In Cincinnati the regional planning agency, especially for transportation, is the Ohio-Kentucky-Indiana Regional Council of Governments (OKI). Three incongruous State Plane Zones converge within the circle freeway I-275. Currently under way are three studies evaluating and planning transportation crossing the state boundary between Ohio and Kentucky, namely the Ohio River. The I-71 and I-75 freeways merge at the Ohio River, through northern Kentucky, providing access to the Cincinnati Northern Kentucky International Airport eight miles into Kentucky on the circle freeway. The best data on the Ohio side is maintained locally in the Cincinnati Area Geographic Information System (CAGIS) managed by Shaoli Huang. Across the river, Tom East of the PlaNet GIS Partnership focuses on northern Kentucky. Until now, data from both sources could not be enjoyed in a single map view without the pain of conversion. According to East, "Every need for conversion requires good communication between at least two people, and often more than one trial, consuming valuable GIS resources."

### ArcGIS 8.1

But now with ArcGIS 8.1, users and administrators can add data layers, based on dissimilar coordinate systems, within the same data frame. When a layer is added to a data frame, ArcGIS 8.1 reads the layer's PRJ file and automatically projects or unprojects the feature coordinates to register with the coordinate characteristics of the data frame. This is termed projection on-the-fly (POF). The implications of this new magic are profound, as we will finally discuss.
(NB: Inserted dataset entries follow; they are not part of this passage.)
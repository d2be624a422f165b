-- ===== src/Gate/Removal.antt =====
-- What `removeSchedulingGate` of internal/controller/pod_gate_controller.go does to a pod.
use aqua_scan_gate.Common.{
  Text, List, [], ◌∷◌, ◌++◌, true, false, ◌≡◌, refl, ◌≢◌, arith, eq_iff, append-nil,
}
use aqua_scan_gate.Kube.{Pod, SchedulingGate}
use aqua_scan_gate.Gate.{has_gate, drop_gate, has_scheduling_gate, remove_scheduling_gate}

pub has_gate-drop_gate :
    (name : Text) (gs : List SchedulingGate) → has_gate name (drop_gate name gs) ≡ false
unfolding has_gate drop_gate
has_gate-drop_gate name [] = refl
has_gate-drop_gate name (g ∷ gs) = ground (arith, has_gate-drop_gate name gs)

has_gate-drop_gate_ne :
    (name other : Text) (gs : List SchedulingGate)
    → other ≢ name
    → has_gate other (drop_gate name gs) ≡ has_gate other gs
unfolding has_gate drop_gate
has_gate-drop_gate_ne name other [] h = refl
has_gate-drop_gate_ne name other (g ∷ gs) h =
    ground (arith, eq_iff g.name name, eq_iff g.name other, has_gate-drop_gate_ne name other gs h)

drop_gate_absent :
    (name : Text) (gs : List SchedulingGate) → has_gate name gs ≡ false → drop_gate name gs ≡ gs
unfolding has_gate drop_gate
drop_gate_absent name [] h = refl
drop_gate_absent name (g ∷ gs) h = ground (arith, drop_gate_absent name gs)

drop_gate-append :
    (name : Text) (gs hs : List SchedulingGate)
    → drop_gate name (gs ++ hs) ≡ drop_gate name gs ++ drop_gate name hs
unfolding drop_gate
drop_gate-append name [] hs = refl
drop_gate-append name (g ∷ gs) hs = ground (arith, drop_gate-append name gs hs)

pub drop_gate-concat :
    (name : Text) (gs : List SchedulingGate)
    → has_gate name gs ≡ false
    → drop_gate name (gs ++ record { name = name } ∷ []) ≡ gs
unfolding drop_gate
drop_gate-concat name gs h =
    rw (drop_gate-append name gs (record { name = name } ∷ []), drop_gate_absent name gs h)
      (ground (arith, eq_iff name name, append-nil gs))

pub has_gate-append :
    (name : Text) (gs : List SchedulingGate)
    → has_gate name (gs ++ record { name = name } ∷ []) ≡ true
unfolding has_gate
has_gate-append name [] = ground (arith, eq_iff name name)
has_gate-append name (g ∷ gs) = ground (arith, has_gate-append name gs)

-- After a removal the pod lacks the gate, and it holds any other gate if and only if it held it.
pub remove_scheduling_gate-gates :
    (pod : Pod) (name other : Text)
    → other ≢ name
    → (has_scheduling_gate (remove_scheduling_gate pod name) name ≡ false)
      × (has_scheduling_gate (remove_scheduling_gate pod name) other
          ≡ has_scheduling_gate pod other)
unfolding has_scheduling_gate remove_scheduling_gate
remove_scheduling_gate-gates pod name other h =
    let gates = pod.spec.scheduling_gates in
    (has_gate-drop_gate name gates, has_gate-drop_gate_ne name other gates h)
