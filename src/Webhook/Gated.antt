-- ===== src/Webhook/Gated.antt =====
-- What `PodMutator.Handle` of internal/webhook/pod_webhook.go makes of a pod that it gates.
use aqua_scan_gate.Common.{
  Text, codes, List, [], ◌∷◌, ◌++◌, false, Option, none, some, ◌==◌, eq_iff, eq_refl, Bool-cases,
  inl, inr, ◌≡◌, ◌≢◌, refl, sym, arith, lookup,
}
use aqua_scan_gate.Kube.{Pod}
use aqua_scan_gate.Webhook.{set_entry, gated_label, add_label, add_gate}

-- m[key] of the labels, where nil has no keys
abbrev pub label_in : Text → Option (List (Text × Text)) → Option Text
label_in key none = none
label_in key (some labels) = lookup key labels

lookup-set_entry :
    (key value : Text) (m : List (Text × Text)) → lookup key (set_entry key value m) ≡ some value
unfolding set_entry
lookup-set_entry key value [] = rw (eq_refl key) refl
lookup-set_entry key value ((k, v) ∷ m) = elim (Bool-cases (k == key)) [
  | inl y ↦ rw (y, set_entry, eq_refl key) refl
  | inr n ↦ rw (n, set_entry, n) (lookup-set_entry key value m)
]

lookup-set_entry_other :
    (j key value : Text) (m : List (Text × Text))
    → (key == j) ≡ false
    → lookup j (set_entry key value m) ≡ lookup j m
unfolding set_entry
lookup-set_entry_other j key value [] h = rw h refl
lookup-set_entry_other j key value ((k, v) ∷ m) h =
    ground (arith, eq_iff k key, eq_iff k j, eq_iff key j, lookup-set_entry_other j key value m)

eq_false : {s t : Text} → s ≢ t → (s == t) ≡ false
eq_false {s} {t} differs = elim (Bool-cases (s == t)) [
  | inl y ↦ absurd (differs ((eq_iff s t).0 y))
  | inr n ↦ n
]

label_in-add_label :
    (labels : Option (List (Text × Text)))
    → label_in gated_label (add_label labels) ≡ some (codes "true")
unfolding add_label
label_in-add_label none = lookup-set_entry gated_label (codes "true") []
label_in-add_label (some labels) = lookup-set_entry gated_label (codes "true") labels

label_in-add_label_other :
    (labels : Option (List (Text × Text))) (key : Text)
    → key ≢ gated_label
    → label_in key (add_label labels) ≡ label_in key labels
unfolding add_label
label_in-add_label_other none key differs =
    lookup-set_entry_other key gated_label (codes "true") [] (eq_false (λ e. differs (sym e)))
label_in-add_label_other (some labels) key differs =
    lookup-set_entry_other key gated_label (codes "true") labels (eq_false (λ e. differs (sym e)))

-- The pod with the gate after the ones it had and the label that says so; all else is as it was.
abbrev pub IsGatedFrom : Pod → Pod → Type 0
IsGatedFrom pod gated =
    (gated.spec.scheduling_gates
      ≡ pod.spec.scheduling_gates
        ++ record { name = codes "scans.aquasec.community/aqua-scan" } ∷ [])
    × (record gated.spec { scheduling_gates = pod.spec.scheduling_gates } ≡ pod.spec)
    × (label_in (codes "scans.aquasec.community/gated") gated.labels ≡ some (codes "true"))
    × ((key : Text)
        → key ≢ codes "scans.aquasec.community/gated"
        → label_in key gated.labels ≡ label_in key pod.labels)
    × (gated.name ≡ pod.name)
    × (gated.namespace ≡ pod.namespace)
    × (gated.annotations ≡ pod.annotations)

pub add_gate-IsGatedFrom : (pod : Pod) → IsGatedFrom pod (add_gate pod)
unfolding add_gate
add_gate-IsGatedFrom pod = (
  refl,
  refl,
  label_in-add_label pod.labels,
  label_in-add_label_other pod.labels,
  refl,
  refl,
  refl,
)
This ArcMap screen capture demonstates State Plane integration using POF.
No conversions were performed on the data.

But first, let's view a demonstration of State Plane integration. The ArcMap composition in the screen capture above indicates a data frame named NAD 83 UTM-17N including blue layers based on NAD83 State Plane Kentucky North HARN from the PlaNet GIS Partnership, mixed with red layers based on NAD83 State Plane Ohio South from CAGIS. No conversions were performed on the data.
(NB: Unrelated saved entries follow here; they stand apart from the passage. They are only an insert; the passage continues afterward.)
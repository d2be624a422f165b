-- ===== src/Webhook/Gating.antt =====
-- Which pods `PodMutator.Handle` of internal/webhook/pod_webhook.go gates.
use aqua_scan_gate.Common.{
  Text, codes, List, [], ◌∷◌, ◌++◌, true, false, Result, ok, err, ◌≡◌, refl, ◌≢◌, ◌⊎◌, inl, inr, ap,
  sym, ◌==◌, eq_iff, arith, Memᴰ, All, All-append, All-mem, Result-cases, Bool-cases,
}
use aqua_scan_gate.Kube.{Container, Pod}
use aqua_scan_gate.Scope.{InScope}
use aqua_scan_gate.Gate.{
  scheduling_gate_name, annotation_bypass_scan, annotation, is_bypassed, has_scheduling_gate,
  remove_scheduling_gate,
}
use aqua_scan_gate.Gate.Removal.{has_gate-append, drop_gate-concat}
use aqua_scan_gate.Webhook.Gated.{IsGatedFrom, add_gate-IsGatedFrom}
use aqua_scan_gate.Webhook.{
  Response, errored, PodMutator, Request, allowed, patch_response_from_raw, Reason,
  gate_already_present, is_namespace_excluded, listed, all_listed, all_images_excluded, add_gate,
  marshaled, admit, handle,
}

abbrev pub IsBypassed : Pod → Type 0
IsBypassed pod = annotation annotation_bypass_scan pod.annotations ≡ codes "true"

abbrev pub HasExcludedImage : PodMutator → Container → Type 0
HasExcludedImage m c = Memᴰ c.image m.excluded_images

is_namespace_excluded_of_InScope :
    (m : PodMutator) (ns : Text)
    → InScope m.included_namespaces m.excluded_namespaces ns
    → is_namespace_excluded m ns ≡ false
unfolding is_namespace_excluded
is_namespace_excluded_of_InScope m ns h = ground arith

pub is_namespace_excluded-InScope :
    (m : PodMutator) (ns : Text)
    → is_namespace_excluded m ns ≡ false
    → InScope m.included_namespaces m.excluded_namespaces ns
unfolding is_namespace_excluded
is_namespace_excluded-InScope m ns h = ground arith

Memᴰ_of_listed : (t : Text) (xs : List Text) → listed t xs ≡ true → Memᴰ t xs
unfolding listed
Memᴰ_of_listed t [] h = absurd (ground arith)
Memᴰ_of_listed t (x ∷ xs) h = elim (Bool-cases (x == t)) [
  | inl y ↦ Memᴰ.head (sym ((eq_iff x t).0 y))
  | inr n ↦ Memᴰ.tail (Memᴰ_of_listed t xs (ground arith))
]

all_listed-All :
    (xs : List Text) (cs : List Container) → all_listed xs cs ≡ true → All (λ c. Memᴰ c.image xs) cs
unfolding all_listed
all_listed-All xs [] h = tt
all_listed-All xs (c ∷ cs) h =
    (Memᴰ_of_listed c.image xs (ground arith), all_listed-All xs cs (ground arith))

all_images_excluded_sound :
    (m : PodMutator) (pod : Pod)
    → all_images_excluded m pod ≡ true
    → All (HasExcludedImage m) (pod.spec.init_containers ++ pod.spec.containers)
unfolding all_images_excluded
all_images_excluded_sound m pod h =
    All-append (HasExcludedImage m) pod.spec.init_containers pod.spec.containers
      (all_listed-All m.excluded_images pod.spec.init_containers (ground arith))
      (all_listed-All m.excluded_images pod.spec.containers (ground arith))

not_excluded_of_Memᴰ :
    (m : PodMutator) (pod : Pod) {c : Container}
    → Memᴰ c (pod.spec.init_containers ++ pod.spec.containers)
    → ¬ HasExcludedImage m c
    → all_images_excluded m pod ≡ false
not_excluded_of_Memᴰ m pod c_in fresh = elim (Bool-cases (all_images_excluded m pod)) [
  | inl y ↦ absurd (fresh (All-mem (HasExcludedImage m) _ (all_images_excluded_sound m pod y) c_in))
  | inr n ↦ n
]

not_bypassed : (pod : Pod) → ¬ IsBypassed pod → is_bypassed pod ≡ false
unfolding is_bypassed
not_bypassed pod h = elim (Bool-cases (is_bypassed pod)) [
  | inl y ↦ absurd (h ((eq_iff _ _).0 y))
  | inr n ↦ n
]

is_bypassed-IsBypassed : (pod : Pod) → is_bypassed pod ≡ true → IsBypassed pod
unfolding is_bypassed
is_bypassed-IsBypassed pod h = (eq_iff _ _).0 h

-- Why a pod that decodes may be admitted without a change.
pub data MayPass (m : PodMutator) (ns : Text) (pod : Pod) : Type 0 where
  out_of_scope : ¬ InScope m.included_namespaces m.excluded_namespaces ns → MayPass m ns pod
  bypassed : IsBypassed pod → MayPass m ns pod
  gated : has_scheduling_gate pod scheduling_gate_name ≡ true → MayPass m ns pod
  excluded :
      All (HasExcludedImage m) (pod.spec.init_containers ++ pod.spec.containers) → MayPass m ns pod

pub has_gate-add_gate : (pod : Pod) → has_scheduling_gate (add_gate pod) scheduling_gate_name ≡ true
unfolding has_scheduling_gate add_gate
has_gate-add_gate pod = has_gate-append scheduling_gate_name pod.spec.scheduling_gates

is_bypassed-add_gate : (pod : Pod) → is_bypassed (add_gate pod) ≡ is_bypassed pod
unfolding is_bypassed add_gate
is_bypassed-add_gate pod = refl

-- For a pod without the gate, removing the gate takes back all that adding it did to the spec.
pub remove_scheduling_gate-add_gate :
    (pod : Pod)
    → has_scheduling_gate pod scheduling_gate_name ≡ false
    → (remove_scheduling_gate (add_gate pod) scheduling_gate_name).spec ≡ pod.spec
unfolding remove_scheduling_gate add_gate has_scheduling_gate
remove_scheduling_gate-add_gate pod h =
    ap (λ gates. record pod.spec { scheduling_gates = gates })
      (drop_gate-concat scheduling_gate_name pod.spec.scheduling_gates h)

module _ {Raw : Type 0} (decode : Raw → Result Text Pod) (marshal : Pod → Result Text Raw) where
  -- An answer of the webhook that is made of a pod's encoding, or reports that there is none.
  abbrev pub IsPatchTo : Pod → Raw → Response Raw → Type 0
  IsPatchTo after object answer =
      ((raw : Raw) × (marshal after ≡ ok raw) × (answer ≡ patch_response_from_raw object raw))
      ⊎ ((e : Text) × (marshal after ≡ err e) × (answer ≡ errored 500 e))

  marshaled-IsPatchTo :
      (after : Pod) (object : Raw)
      → IsPatchTo after object (marshaled decode marshal object (marshal after))
  unfolding marshaled
  marshaled-IsPatchTo after object = elim (Result-cases (marshal after)) [
    | inl (raw, e) ↦ inl (raw, e, rw (e, marshaled) refl)
    | inr (failure, e) ↦ inr (failure, e, rw (e, marshaled) refl)
  ]

  -- A pod that can be decoded, is in a namespace in scope, asks for no bypass, has no gate yet, and has a
  -- container or init container whose image is not excluded, is answered with the patch to the encoding
  -- of a pod that has the gate after the gates it had, carries the label that says so, and is the
  -- submitted one in the rest; or with the code 500, if that pod cannot be encoded.
  pub handle_gates :
      (m : PodMutator) (req : Request Raw) (pod : Pod) (c : Container)
      → decode req.object ≡ ok pod
      → InScope m.included_namespaces m.excluded_namespaces req.namespace
      → ¬ IsBypassed pod
      → has_scheduling_gate pod scheduling_gate_name ≡ false
      → Memᴰ c (pod.spec.init_containers ++ pod.spec.containers)
      → ¬ HasExcludedImage m c
      → (after : Pod) × IsGatedFrom pod after
        × IsPatchTo after req.object (handle decode marshal m req)
  unfolding handle admit
  handle_gates m req pod c decoded scope plain ungated c_in fresh = (
    add_gate pod,
    add_gate-IsGatedFrom pod,
    rw
        (
          decoded,
          handle,
          admit,
          is_namespace_excluded_of_InScope m req.namespace scope,
          not_bypassed pod plain,
          ungated,
          not_excluded_of_Memᴰ m pod c_in fresh,
        )
        (marshaled-IsPatchTo (add_gate pod) req.object),
  )

  marshaled_ne_allowed :
      (object : Raw) (r : Result Text Raw) (why : Reason)
      → marshaled decode marshal object r ≢ allowed why
  unfolding marshaled
  marshaled_ne_allowed object (ok raw) why = cc
  marshaled_ne_allowed object (err e) why = cc

  admit_allowed :
      (m : PodMutator) (req : Request Raw) (pod : Pod) (why : Reason)
      → admit decode marshal m req pod ≡ allowed why
      → MayPass m req.namespace pod
  unfolding admit
  admit_allowed m req pod why h = elim (Bool-cases (is_namespace_excluded m req.namespace)) [
    | inl y ↦ out_of_scope (λ s. cc (y, is_namespace_excluded_of_InScope m req.namespace s))
    | inr n₁ ↦ elim (Bool-cases (is_bypassed pod)) [
      | inl y ↦ bypassed (is_bypassed-IsBypassed pod y)
      | inr n₂ ↦ elim (Bool-cases (has_scheduling_gate pod scheduling_gate_name)) [
        | inl y ↦ gated y
        | inr n₃ ↦ elim (Bool-cases (all_images_excluded m pod)) [
          | inl y ↦ excluded (all_images_excluded_sound m pod y)
          | inr n₄ ↦
              absurd (marshaled_ne_allowed req.object (marshal (add_gate pod)) why (ground arith))
        ]
      ]
    ]
  ]

  -- A decodable pod is admitted unchanged only if its namespace is out of scope, it asks for the
  -- bypass, it has the gate already, or the images of all its containers and init containers are
  -- excluded ones.
  pub handle_allowed :
      (m : PodMutator) (req : Request Raw) (pod : Pod) (why : Reason)
      → decode req.object ≡ ok pod
      → handle decode marshal m req ≡ allowed why
      → MayPass m req.namespace pod
  unfolding handle
  handle_allowed m req pod why decoded h = admit_allowed m req pod why (ground (arith, decoded))

  admit_patched :
      (m : PodMutator) (req : Request Raw) (pod : Pod) (raw : Raw)
      → admit decode marshal m req pod ≡ patch_response_from_raw req.object raw
      → (is_namespace_excluded m req.namespace ≡ false)
        × (is_bypassed pod ≡ false)
        × (marshal (add_gate pod) ≡ ok raw)
  unfolding admit marshaled
  admit_patched m req pod raw h = ground arith

  admit_patched_ungated :
      (m : PodMutator) (req : Request Raw) (pod : Pod) (raw : Raw)
      → admit decode marshal m req pod ≡ patch_response_from_raw req.object raw
      → has_scheduling_gate pod scheduling_gate_name ≡ false
  unfolding admit
  admit_patched_ungated m req pod raw h = ground arith

  -- What a pod is like that is answered with a patch, and what the patch makes of it.
  pub handle_patched :
      (m : PodMutator) (req : Request Raw) (pod : Pod) (raw : Raw)
      → decode req.object ≡ ok pod
      → handle decode marshal m req ≡ patch_response_from_raw req.object raw
      → InScope m.included_namespaces m.excluded_namespaces req.namespace
        × (has_scheduling_gate pod scheduling_gate_name ≡ false)
        × (marshal (add_gate pod) ≡ ok raw)
  unfolding handle
  handle_patched m req pod raw decoded h =
      let answered : admit decode marshal m req pod ≡ patch_response_from_raw req.object raw =
        ground (arith, decoded) in
      let (inside, _, encoded) = admit_patched m req pod raw answered in
      (
        is_namespace_excluded-InScope m req.namespace inside,
        admit_patched_ungated m req pod raw answered,
        encoded,
      )

  admit-add_gate :
      (m : PodMutator) (req : Request Raw) (pod : Pod)
      → is_namespace_excluded m req.namespace ≡ false
      → is_bypassed pod ≡ false
      → admit decode marshal m req (add_gate pod) ≡ allowed gate_already_present
  unfolding admit
  admit-add_gate m req pod h k = ground (arith, has_gate-add_gate pod, is_bypassed-add_gate pod)

  -- Where decoding gives back the pod that was encoded, the patched pod is not patched again.
  pub handle-handle :
      (m : PodMutator) (req : Request Raw) (raw : Raw)
      → ((pod : Pod) (r : Raw) → marshal pod ≡ ok r → decode r ≡ ok pod)
      → handle decode marshal m req ≡ patch_response_from_raw req.object raw
      → handle decode marshal m (record req { object = raw }) ≡ allowed gate_already_present
  unfolding handle
  handle-handle m req raw roundtrip h = elim (Result-cases (decode req.object)) [
    | inl (pod, e) ↦
        let (scope, plain, encoded) = admit_patched m req pod raw (ground arith) in
        rw (roundtrip (add_gate pod) raw encoded, handle)
          (admit-add_gate m (record req { object = raw }) pod scope plain)
    | inr (failure, e) ↦ absurd (ground arith)
  ]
With ArcGIS 8.1, we enjoy more freedom from the complex matters behind coordinate systems. Using ArcCatalog, each layer is right-clicked to specify its coordinate system, producing an ASCII file with a PRJ extension, having the same primary file name as the data name. This projection file may specify geographic (surface) or projected (planar) map data coordinates. In the ArcMap table of contents, data layers are added in a data frame (root folder). Multiple data frames may occur, only one of which is active at a time, similar to an ArcView GIS 3.x View window. Also similar to the View window, a property of each data frame is the coordinate system configuration, defining the view without changing the data. In ArcMap, this property is automatically set by the first layer added to the frame but may be changed at any time.

An increasingly significant tool for data collection is GPS. Currently, those who collect this data are often asked to submit the data in the form of the current GIS project coordinate system, commonly, a two-dimensional State Plane projection, where z is orthogonal to the plane. Thus, the data provider, or the GIS administrator, is encumbered by the requirement of making a conversion; and, by definition, the GIS is based on a distorted model of reality.

With ArcGIS 8.1, the pain of conversion is made practically obsolete. More importantly, the opportunity arises for building a spatially accurate, three-dimensional model of reality based on the best available data. Data may be provided based on any coordinate system, including GPS (WGS 84), and (POF) be transparently integrated in ArcMap using a display coordinate system to meet immediate practical needs. Any reports or printed maps may be produced by simply changing the properties of the data frame prior to printing. By reducing the time spent on geospatial integrations, ArcGIS 8.1 enables more efficient and more accurate models for all GIS users.